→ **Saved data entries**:
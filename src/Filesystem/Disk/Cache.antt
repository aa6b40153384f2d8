-- ===== src/Filesystem/Disk/Cache.antt =====
-- The cache of the disk usage in server/filesystem/disk_space.go, and the volume's reserve.
use feathers.Prelude.{
  ℕ, ◌+◌, ◌*◌, ◌<◌, ◌/◌, ◌≡◌, ◌⊎◌, ◌↔◌, refl, Bool, true, false, not, if◌then◌else◌, Option, none,
  some, arith,
}
use feathers.Prelude.Int.{ℤ, pos, ◌≤ℤ◌, leb_ℤ, eqb_ℤ}
use feathers.Filesystem.Disk.{
  Filesystem, Walk, disk_space, second, is_fresh, disk_usage, has_space_available, has_space_err,
  volume_has_headroom,
}

-- A call that may not answer from a stale cache walks the file system when the cache has run out.
-- Until the interval has passed, every later call, stale answers allowed or not, then answers with
-- that walk's size, walks no more, starts no lookup and changes nothing.
pub disk_usage_cached :
    (fs : Filesystem) (now later : ℕ) (allow_stale : Bool) (w w' : Walk)
    → 0 < fs.check_interval
    → is_fresh now fs ≡ false
    → later < now + second * fs.check_interval
    → let a = disk_usage false now w fs in
      (a.size ≡ w.size)
      × (a.fine ≡ w.fine)
      × (disk_usage allow_stale later w' a.fs
          ≡ record { fs = a.fs; size = w.size; fine = true; started = false })
unfolding disk_usage
disk_usage_cached fs now later allow_stale w w' p stale h = ground arith

-- More than 2 GiB is free, and more than one percent of the volume or more than 25 GiB.
abbrev pub HasReserve : Option (ℕ × ℕ) → Type 0
HasReserve none = Unit {0}
HasReserve (some (free, total)) =
    (2 * 1024 * 1024 * 1024 < free) × ((total / 100 < free) ⊎ (25 * 1024 * 1024 * 1024 < free))

-- A volume of any size has headroom exactly if more than 2 GiB of it is free, and more than one percent of
-- it or more than 25 GiB; a volume whose space cannot be read always has headroom.
pub volume_has_headroom_bounds :
    (volume : Option (ℕ × ℕ)) → volume_has_headroom volume ≡ true ↔ HasReserve volume
unfolding volume_has_headroom
volume_has_headroom_bounds none = (λ e. tt, λ h. refl)
volume_has_headroom_bounds (some (free, total)) = ground arith

disk_usage_limit :
    (fs : Filesystem) (allow_stale : Bool) (now : ℕ) (w : Walk)
    → (disk_usage allow_stale now w fs).fs.quota.limit ≡ fs.quota.limit
unfolding disk_usage
disk_usage_limit fs allow_stale now w = ground arith

room_iff :
    (headroom : Bool) (limit l size : ℤ)
    → l ≡ limit
    → (if not headroom then false else if eqb_ℤ l (pos 0) then true else leb_ℤ size l) ≡ true
      ↔ (headroom ≡ true) × ((limit ≡ pos 0) ⊎ (size ≤ℤ limit))
room_iff headroom limit l size e = ground arith

if-not {ℓ} : {A : Type ℓ} (b : Bool) (x y : A) → (if not b then x else y) ≡ (if b then y else x)
if-not true x y = refl
if-not false x y = refl

-- `HasSpaceAvailable` and `HasSpaceErr` agree. They let a server write exactly when its volume has
-- headroom and either its limit is 0 or the usage that `DiskUsage` answers with is within the limit:
-- a limit of -1 refuses every usage that is not negative.
pub has_space_iff :
    (fs : Filesystem) (allow_stale : Bool) (now : ℕ) (w : Walk) (headroom : Bool)
    → let a = disk_usage allow_stale now w fs in
      let room = has_space_available allow_stale now w headroom fs in
      let result = has_space_err allow_stale now w headroom fs in
      (result.0 ≡ room.0)
      × (result.1 ≡ (if room.1 then none else some disk_space))
      × (room.1 ≡ true
          ↔ (headroom ≡ true) × ((fs.quota.limit ≡ pos 0) ⊎ (a.size ≤ℤ fs.quota.limit)))
unfolding has_space_err has_space_available
has_space_iff fs allow_stale now w headroom =
    let a = disk_usage allow_stale now w fs in
    (
      refl,
      if-not (has_space_available allow_stale now w headroom fs).1 (some disk_space) none,
      room_iff headroom fs.quota.limit a.fs.quota.limit a.size
          (disk_usage_limit fs allow_stale now w),
    )
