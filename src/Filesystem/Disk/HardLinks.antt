-- ===== src/Filesystem/Disk/HardLinks.antt =====
-- `DirectorySize` of server/filesystem/disk_space_unix.go counts a file once, however many links it has.
use feathers.Prelude.{
  ℕ, ◌+◌, ◌<◌, ◌≡◌, true, not, ◌&&◌, List, [], ◌∷◌, ◌++◌, arith, ltb, if◌then◌else◌,
}
use feathers.Filesystem.Disk.{Entry, contains, directory_size}

-- The inodes seen after an entry.
abbrev seen_after : Entry → List ℕ → List ℕ
seen_after e seen =
    let linked = ltb 1 e.links in
    if e.regular && linked && not (linked && contains seen e.inode) then e.inode ∷ seen else seen

abbrev counted : Entry → List ℕ → ℕ
counted e seen = if e.regular && not (ltb 1 e.links && contains seen e.inode) then e.bytes else 0

directory_size-cons :
    (e : Entry) (es : List Entry) (seen : List ℕ)
    → directory_size (e ∷ es) seen ≡ counted e seen + directory_size es (seen_after e seen)
unfolding directory_size
directory_size-cons e es seen = ground arith

contains-seen_after :
    (e : Entry) (seen : List ℕ) (i : ℕ)
    → contains seen i ≡ true
    → contains (seen_after e seen) i ≡ true
unfolding contains
contains-seen_after e seen i h = ground arith

contains_own :
    (e : Entry) (seen : List ℕ)
    → e.regular ≡ true
    → 1 < e.links
    → contains (seen_after e seen) e.inode ≡ true
unfolding contains
contains_own e seen r l = ground arith

skip_repeated :
    (es fs : List Entry) (e : Entry) (seen : List ℕ)
    → 1 < e.links
    → contains seen e.inode ≡ true
    → directory_size (es ++ e ∷ fs) seen ≡ directory_size (es ++ fs) seen
skip_repeated [] fs e seen l h = ground (arith, directory_size-cons e fs seen)
skip_repeated (d ∷ es) fs e seen l h = ground (
  arith,
  directory_size-cons d (es ++ e ∷ fs) seen,
  directory_size-cons d (es ++ fs) seen,
  skip_repeated es fs e (seen_after d seen) l (contains-seen_after d seen e.inode h),
)

-- Wherever the walk meets a second link of a file that it has already met, leaving that entry out
-- changes nothing: a file with several links is counted once.
pub directory_size_once :
    (ds es fs : List Entry) (e e' : Entry) (seen : List ℕ)
    → e.regular ≡ true
    → 1 < e.links
    → 1 < e'.links
    → e'.inode ≡ e.inode
    → directory_size (ds ++ e ∷ (es ++ e' ∷ fs)) seen ≡ directory_size (ds ++ e ∷ (es ++ fs)) seen
directory_size_once [] es fs e e' seen r l l' same = ground (
  arith,
  directory_size-cons e (es ++ e' ∷ fs) seen,
  directory_size-cons e (es ++ fs) seen,
  skip_repeated es fs e' (seen_after e seen) l' (rw same (contains_own e seen r l)),
)
directory_size_once (d ∷ ds) es fs e e' seen r l l' same = ground (
  arith,
  directory_size-cons d (ds ++ e ∷ (es ++ e' ∷ fs)) seen,
  directory_size-cons d (ds ++ e ∷ (es ++ fs)) seen,
  directory_size_once ds es fs e e' (seen_after d seen) r l l' same,
)
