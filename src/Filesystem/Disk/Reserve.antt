-- ===== src/Filesystem/Disk/Reserve.antt =====
-- The reservation of space in server/filesystem/disk_space.go.
use feathers.Prelude.{ℕ, ◌+◌, ◌≤◌, ◌<◌, ◌≡◌, ◌⊎◌, none, some, arith}
use feathers.Prelude.Int.{pos, IsInt64}
use feathers.Filesystem.Disk.{Filesystem, disk_space, reserve_disk}

-- Under a limit, a reservation of a positive size either fits: then the usage grows by exactly that
-- size and stays within the limit. Or it does not: then the call fails and nothing changes.
pub reserve_disk_limit :
    (size : ℕ) (u limit : ℕ) (fs : Filesystem)
    → 0 < size
    → fs.quota ≡ record { limit = pos limit; usage = pos u }
    → 0 < limit
    → IsInt64 (pos limit)
    → IsInt64 (pos u)
    → IsInt64 (pos size)
    → ((u + size ≤ limit)
        × (reserve_disk (pos size) fs
            ≡ (record fs { quota = record { limit = pos limit; usage = pos (u + size) } }, none)))
      ⊎ ((limit < u + size) × (reserve_disk (pos size) fs ≡ (fs, some disk_space)))
unfolding reserve_disk
reserve_disk_limit size u limit fs p q l hl hu hs = ground arith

→ **About this exercise**: Go through the records above and copy every line with the word "HasReserve".

→ **Task response**:
abbrev pub HasReserve : Option (ℕ × ℕ) → Type 0
HasReserve none = Unit {0}
HasReserve (some (free, total)) =
    (volume : Option (ℕ × ℕ)) → volume_has_headroom volume ≡ true ↔ HasReserve volume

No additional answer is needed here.